Superoxide Production and NAD(P)H Oxidase Activity
Superoxide anion (·O₂^-) in coronary tissues was measured at 3 months after induction of diabetes by superoxide dismutase (SOD)-inhibitable conversion of nitroblue tetrazolium (NBT) to formazan.¹⁹ SOD-inhibitable NBT reduction was calculated as a measure of ·O₂^- production (pmol · min^-1 · mg wet weight^-1). To determine the enzymatic source of ·O₂^- production, vascular tissues were preincubated with different inhibitors of oxidant enzymes for 30 minutes, followed by addition of NBT. The n value represents the number of vascular segments.

NAD(P)H oxidase activity in coronary tissues was measured by SOD-inhibitable cytochrome C reduction with NADH or NADPH as substrates.¹⁹ The activity of NAD(P)H oxidase was calculated as SOD-inhibitable cytochrome C reduction and expressed in nanomoles of ·O₂^- per milligram per minute. The n value represents number of vessels.

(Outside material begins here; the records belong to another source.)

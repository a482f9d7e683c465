-- ===== src/Matrix.antt =====
-- Algorithms/CPP/Matrix multiplication/parallel programming/MatrixMultiply.cpp: products of matrices of
-- `int` by six algorithms. A matrix is the list of its rows; an access to a cell that is not there is a
-- fault.
pub mod Loops
pub mod Cells
pub mod Product
pub mod Orders
pub mod Assign
pub mod Tabulate
pub mod Quarters
pub mod Direct
pub mod Tiled
pub mod Strassen
pub mod ForkJoin
mod Examples
use dsalib.Core.{
  ℕ, zero, suc, ◌+◌, ◌-◌, true, false, List, [], ◌∷◌, ℤ, pos, get_or, set, replicate, ltb, Bool,
  ◌&&◌, if◌then◌else◌, length,
}

-- `vector<vector<int>>`
abbrev pub Matrix : Type 0
Matrix = List (List ℤ)

-- What a call comes to: it returns, throws `invalid_argument`, reads or writes a cell that is not there,
-- which is undefined in the program, or needs more rounds or a deeper recursion than it is given.
pub data Outcome {ℓ} (A : Type ℓ) : Type ℓ where
  value : A → Outcome A
  invalid_argument : Outcome A
  out_of_bounds : Outcome A
  out_of_fuel : Outcome A

infixl 5 ◌>>=◌
abbrev pub ◌>>=◌ {ℓ κ} : {A : Type ℓ} {B : Type κ} → Outcome A → (A → Outcome B) → Outcome B
value a >>= f = f a
invalid_argument >>= f = invalid_argument
out_of_bounds >>= f = out_of_bounds
out_of_fuel >>= f = out_of_fuel

-- Whether there is such a cell.
unfoldable pub has_cell : Matrix → ℕ → ℕ → Bool
has_cell m i j = ltb i (length m) && ltb j (length (get_or m i []))

-- The number in a cell that is there.
unfoldable pub entry : Matrix → ℕ → ℕ → ℤ
entry m i j = get_or (get_or m i []) j (pos 0)

-- `m[i][j]`
unfoldable pub read : Matrix → ℕ → ℕ → Outcome ℤ
read m i j = if has_cell m i j then value (entry m i j) else out_of_bounds

-- The matrix with another number in a cell that is there.
unfoldable pub store : Matrix → ℕ → ℕ → ℤ → Matrix
store m i j v = set m i (set (get_or m i []) j v)

-- `m[i][j] = v`
unfoldable pub write : Matrix → ℕ → ℕ → ℤ → Outcome Matrix
write m i j v = if has_cell m i j then value (store m i j v) else out_of_bounds

-- `vector<vector<int>>(rows, vector<int>(cols, 0))`
unfoldable pub zeros : ℕ → ℕ → Matrix
zeros rows cols = replicate rows (replicate cols (pos 0))

-- `for (int x = from; x < to; x += step)` in at most so many rounds.
unfoldable pub loop_by {ℓ} :
    {S : Type ℓ} → (rounds from to step : ℕ) → (ℕ → S → Outcome S) → S → Outcome S
loop_by zero from to step body s = if ltb from to then out_of_fuel else value s
loop_by (suc rounds) from to step body s = elim (ltb from to) [
  | true ↦ body from s >>= loop_by rounds (from + step) to step body
  | false ↦ value s
]

-- The loop, with as many rounds as there are numbers in the range.
abbrev pub loop {ℓ} : {S : Type ℓ} → (from to step : ℕ) → (ℕ → S → Outcome S) → S → Outcome S
loop from to step = loop_by (to - from) from to step
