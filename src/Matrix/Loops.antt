-- ===== src/Matrix/Loops.antt =====
-- What the loops of the products compute on one cell.
use dsalib.Core.{
  ℕ, zero, suc, ◌+◌, ◌-◌, ◌<◌, ◌≤◌, ◌≡◌, ◌≢◌, refl, ap, sym, ◌∙◌, arith, Bool, true, false,
  if◌then◌else◌, ltb, leb, ◌==◌, ◌&&◌,
}
use Prim.Native.Nat.{min}
use native.Mathlib.Decide.{dec_le, dec_lt}

-- A loop on a value that no round can fail on: what a loop on matrices does to one cell.
unfoldable pub for_by {ℓ} : {S : Type ℓ} → (fuel from to step : ℕ) → (ℕ → S → S) → S → S
for_by zero from to step body s = s
for_by (suc fuel) from to step body s = elim (ltb from to) [
  | true ↦ for_by fuel (from + step) to step body (body from s)
  | false ↦ s
]

abbrev pub for {ℓ} : {S : Type ℓ} → (from to step : ℕ) → (ℕ → S → S) → S → S
for from to step = for_by (to - from) from to step

module _ {ℓ} {S : Type ℓ} where
  -- Bodies that agree in the range give the same loop.
  pub for_by-congr :
      (fuel from to step : ℕ) (f g : ℕ → S → S) (s : S)
      → ((x : ℕ) → from ≤ x → x < to → (s : S) → f x s ≡ g x s)
      → for_by fuel from to step f s ≡ for_by fuel from to step g s
  unfolding for_by
  for_by-congr zero from to step f g s h = refl
  for_by-congr (suc fuel) from to step f g s h = elim (dec_lt from to) [
    | yes p ↦
        let rest =
          for_by-congr fuel (from + step) to step f g (f from s) (λ x a b. h x (omega arith) b) in
        ground (arith, rest, h from (omega arith) p s)
    | no p ↦ ground arith
  ]

  -- A loop whose body leaves the state alone.
  pub for_by-idle :
      (fuel from to step : ℕ) (f : ℕ → S → S) (s : S)
      → ((x : ℕ) → from ≤ x → x < to → f x s ≡ s)
      → for_by fuel from to step f s ≡ s
  unfolding for_by
  for_by-idle zero from to step f s h = refl
  for_by-idle (suc fuel) from to step f s h = elim (dec_lt from to) [
    | yes p ↦
        let rest = for_by-idle fuel (from + step) to step f s (λ x a b. h x (omega arith) b) in
        ground (arith, rest, h from (omega arith) p)
    | no p ↦ ground arith
  ]

  -- A loop of which one round does something.
  pub for_by-only :
      (fuel from to y : ℕ) (f : ℕ → S → S) (s : S)
      → from ≤ y
      → y < to
      → to ≤ from + fuel
      → ((x : ℕ) → x ≢ y → (s : S) → f x s ≡ s)
      → for_by fuel from to 1 f s ≡ f y s
  unfolding for_by
  for_by-only zero from to y f s a b c h = absurd (omega arith)
  for_by-only (suc fuel) from to y f s a b c h = elim (dec_lt from y) [
    | yes p ↦
        let rest = for_by-only fuel (from + 1) to y f s (omega arith) b (omega arith) h in
        ground (arith, rest, h from (omega arith) s)
    | no p ↦
        let here : from ≡ y = omega arith in
        let rest =
          for_by-idle fuel (from + 1) to 1 f (f y s) (λ x d e. h x (omega arith) (f y s)) in
        ground (arith, rest, ap (λ (x : ℕ). f x s) here, here)
  ]

  -- A test that the loop does not change.
  pub for_by-if :
      (fuel from to step : ℕ) (b : Bool) (f : ℕ → S → S) (s : S)
      → for_by fuel from to step (λ x t. if b then f x t else t) s
        ≡ (if b then for_by fuel from to step f s else s)
  for_by-if fuel from to step true f s = refl
  for_by-if fuel from to step false f s = for_by-idle fuel from to step (λ x t. t) s (λ x p q. refl)

  -- Any two amounts of fuel that are enough.
  pub for_by-fuel :
      (n m from to step : ℕ) (f : ℕ → S → S) (s : S)
      → 0 < step
      → to ≤ from + n
      → to ≤ from + m
      → for_by n from to step f s ≡ for_by m from to step f s
  unfolding for_by
  for_by-fuel zero zero from to step f s p a b = refl
  for_by-fuel zero (suc m) from to step f s p a b = ground arith
  for_by-fuel (suc n) zero from to step f s p a b = ground arith
  for_by-fuel (suc n) (suc m) from to step f s p a b =
      let rest = for_by-fuel n m (from + step) to step f (f from s) p (omega arith) (omega arith) in
      ground (arith, rest)

  pub for_by-step :
      (fuel from to step : ℕ) (f : ℕ → S → S) (s : S)
      → from < to
      → for_by (suc fuel) from to step f s ≡ for_by fuel (from + step) to step f (f from s)
  unfolding for_by
  for_by-step fuel from to step f s p = ground arith

  pub for_by-done :
      (fuel from to step : ℕ) (f : ℕ → S → S) (s : S) → to ≤ from → for_by fuel from to step f s ≡ s
  unfolding for_by
  for_by-done zero from to step f s p = refl
  for_by-done (suc fuel) from to step f s p = ground arith

  -- Two loops in a row.
  pub for_by-append :
      (fuel from middle to : ℕ) (f : ℕ → S → S) (s : S)
      → from ≤ middle
      → middle ≤ to
      → to ≤ from + fuel
      → for_by fuel middle to 1 f (for_by fuel from middle 1 f s) ≡ for_by fuel from to 1 f s
  unfolding for_by
  for_by-append zero from middle to f s a b c = for_by-done zero middle to 1 f s (omega arith)
  for_by-append (suc fuel) from middle to f s a b c = elim (dec_lt from middle) [
    | yes p ↦
        ap (for_by (suc fuel) middle to 1 f) (for_by-step fuel from middle 1 f s p)
        ∙ for_by-fuel (suc fuel) fuel middle to 1 f (for_by fuel (from + 1) middle 1 f (f from s))
            (omega arith) (omega arith) (omega arith)
        ∙ for_by-append fuel (from + 1) middle to f (f from s) (omega arith) b (omega arith)
        ∙ sym (for_by-step fuel from to 1 f s (omega arith))
    | no p ↦
        ap (for_by (suc fuel) middle to 1 f)
          (for_by-done (suc fuel) from middle 1 f s (omega arith))
        ∙ ap (λ (m : ℕ). for_by (suc fuel) m to 1 f s) {x = middle} {y = from} (omega arith)
  ]

  tiles_done :
      (fuel from to step : ℕ) (f : ℕ → S → S) (s : S)
      → to ≤ from
      → for_by fuel from to step (λ x t. for x (min (x + step) to) 1 f t) s
        ≡ for_by fuel from to 1 f s
  tiles_done fuel from to step f s h =
      for_by-done fuel from to step (λ x t. for x (min (x + step) to) 1 f t) s h
      ∙ sym (for_by-done fuel from to 1 f s h)

  -- A loop that starts at the end or behind it, with one more round.
  from_middle :
      (fuel from to : ℕ) (f : ℕ → S → S) (s : S)
      → to ≤ from + fuel
      → for_by fuel from to 1 f s ≡ for_by (suc fuel) (min from to) to 1 f s
  from_middle fuel from to f s h = elim (dec_le from to) [
    | yes a ↦
        for_by-fuel fuel (suc fuel) from to 1 f s (omega arith) (omega arith) (omega arith)
        ∙ ap (λ (m : ℕ). for_by (suc fuel) m to 1 f s) {x = from} {y = min from to} (omega arith)
    | no a ↦
        for_by-done fuel from to 1 f s (omega arith)
        ∙ sym (for_by-done (suc fuel) (min from to) to 1 f s (omega arith))
  ]

  -- A loop over tiles, and in each over the numbers of the tile, is the loop over all numbers.
  pub for_by-tiles :
      (fuel from to step : ℕ) (f : ℕ → S → S) (s : S)
      → 0 < step
      → to ≤ from + fuel
      → for_by fuel from to step (λ x t. for x (min (x + step) to) 1 f t) s
        ≡ for_by fuel from to 1 f s
  unfolding for_by
  for_by-tiles zero from to step f s p c = refl
  for_by-tiles (suc fuel) from to step f s p c = elim (dec_lt from to) [
    | no q ↦ tiles_done (suc fuel) from to step f s (omega arith)
    | yes q ↦
        let tiles = λ (x : ℕ) (t : S). for x (min (x + step) to) 1 f t in
        let first = tiles from s in
        let middle = min (from + step) to in
        let enough =
          for_by-fuel (middle - from) (suc fuel) from middle 1 f s (omega arith) (omega arith)
            (omega arith) in
        for_by-step fuel from to step tiles s q
        ∙ for_by-tiles fuel (from + step) to step f first p (omega arith)
        ∙ from_middle fuel (from + step) to f first (omega arith)
        ∙ ap (for_by (suc fuel) middle to 1 f) enough
        ∙ for_by-append (suc fuel) from middle to f s (omega arith) (omega arith) c
  ]

  -- A loop over tiles of which one holds `y`.
  pub for_by-tile_only :
      (fuel from to step y : ℕ) (g : S → S) (s : S)
      → 0 < step
      → from ≤ y
      → y < to
      → to ≤ from + fuel
      → for_by fuel from to step (λ x t. if leb x y && ltb y (min (x + step) to) then g t else t) s
        ≡ g s
  for_by-tile_only zero from to step y g s p a b c = absurd (omega arith)
  for_by-tile_only (suc fuel) from to step y g s p a b c =
      let body = λ (x : ℕ) (t : S). if leb x y && ltb y (min (x + step) to) then g t else t in
      for_by-step fuel from to step body s (omega arith) ∙ elim (dec_lt y (from + step)) [
        | yes here ↦
            let now : body from s ≡ g s = ground arith in
            ap (for_by fuel (from + step) to step body) now
            ∙ for_by-idle fuel (from + step) to step body (g s) (λ x d e. ground arith)
        | no later ↦
            let now : body from s ≡ s = ground arith in
            ap (for_by fuel (from + step) to step body) now
            ∙ for_by-tile_only fuel (from + step) to step y g s p (omega arith) b (omega arith)
      ]

  -- A loop of which the round at `y` does something, if the range holds it.
  pub for-at :
      (from to y : ℕ) (g : S → S) (s : S)
      → for from to 1 (λ x t. if x == y then g t else t) s
        ≡ (if leb from y && ltb y to then g s else s)
  for-at from to y g s =
      let body = λ (x : ℕ) (t : S). if x == y then g t else t in
      elim (dec_le from y) [
        | yes p ↦ elim (dec_lt y to) [
          | yes q ↦
              let found =
                for_by-only (to - from) from to y body s p q (omega arith)
                  (λ x d t. ground arith) in
              let now : body y s ≡ g s = ground arith in
              let test : (leb from y && ltb y to) ≡ true = ground arith in rw test (found ∙ now)
          | no q ↦
              let idle = for_by-idle (to - from) from to 1 body s (λ x a b. ground arith) in
              let test : (leb from y && ltb y to) ≡ false = ground arith in rw test idle
        ]
        | no p ↦
            let idle = for_by-idle (to - from) from to 1 body s (λ x a b. ground arith) in
            let test : (leb from y && ltb y to) ≡ false = ground arith in rw test idle
      ]

  pub for-at_in :
      (to y : ℕ) (g : S → S) (s : S)
      → y < to
      → for 0 to 1 (λ x t. if x == y then g t else t) s ≡ g s
  for-at_in to y g s p =
      let test : (leb 0 y && ltb y to) ≡ true = ground arith in for-at 0 to y g s ∙ rw test refl

  -- Equal bodies.
  pub for-ext :
      (from to step : ℕ) (f g : ℕ → S → S) (s : S)
      → ((x : ℕ) (t : S) → f x t ≡ g x t)
      → for from to step f s ≡ for from to step g s
  for-ext from to step f g s h = for_by-congr (to - from) from to step f g s (λ x a b t. h x t)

Real-Time Reverse Transcription–Polymerase Chain Reaction
Gene expression was assessed by real-time reverse transcription–polymerase chain reaction (RT-PCR) at 3 and 6 months after induction of diabetes. Total RNA was isolated from tissues or cells with TRI reagent (Molecular Research Center). Gene transcripts were measured by TaqMan real-time RT-PCR with the PRISM 7700 Sequence Detection System (Applied Biosystems). After digestion with DNase I (Qiagen) to eliminate DNA contamination, total RNA (25 to 100 ng) was reverse transcribed and amplified with TaqMan RT reagents and the TaqMan Gold RT-PCR kit. The PCR primers and TaqMan probes were designed by Primer Express and optimized according to the manufacturer’s protocol. GAPDH transcripts were amplified in a separate tube to normalize variances in input RNA. The level of target mRNA in various samples was estimated by the relative standard method with a series of dilutions of RNA from porcine vascular cells or leukocytes.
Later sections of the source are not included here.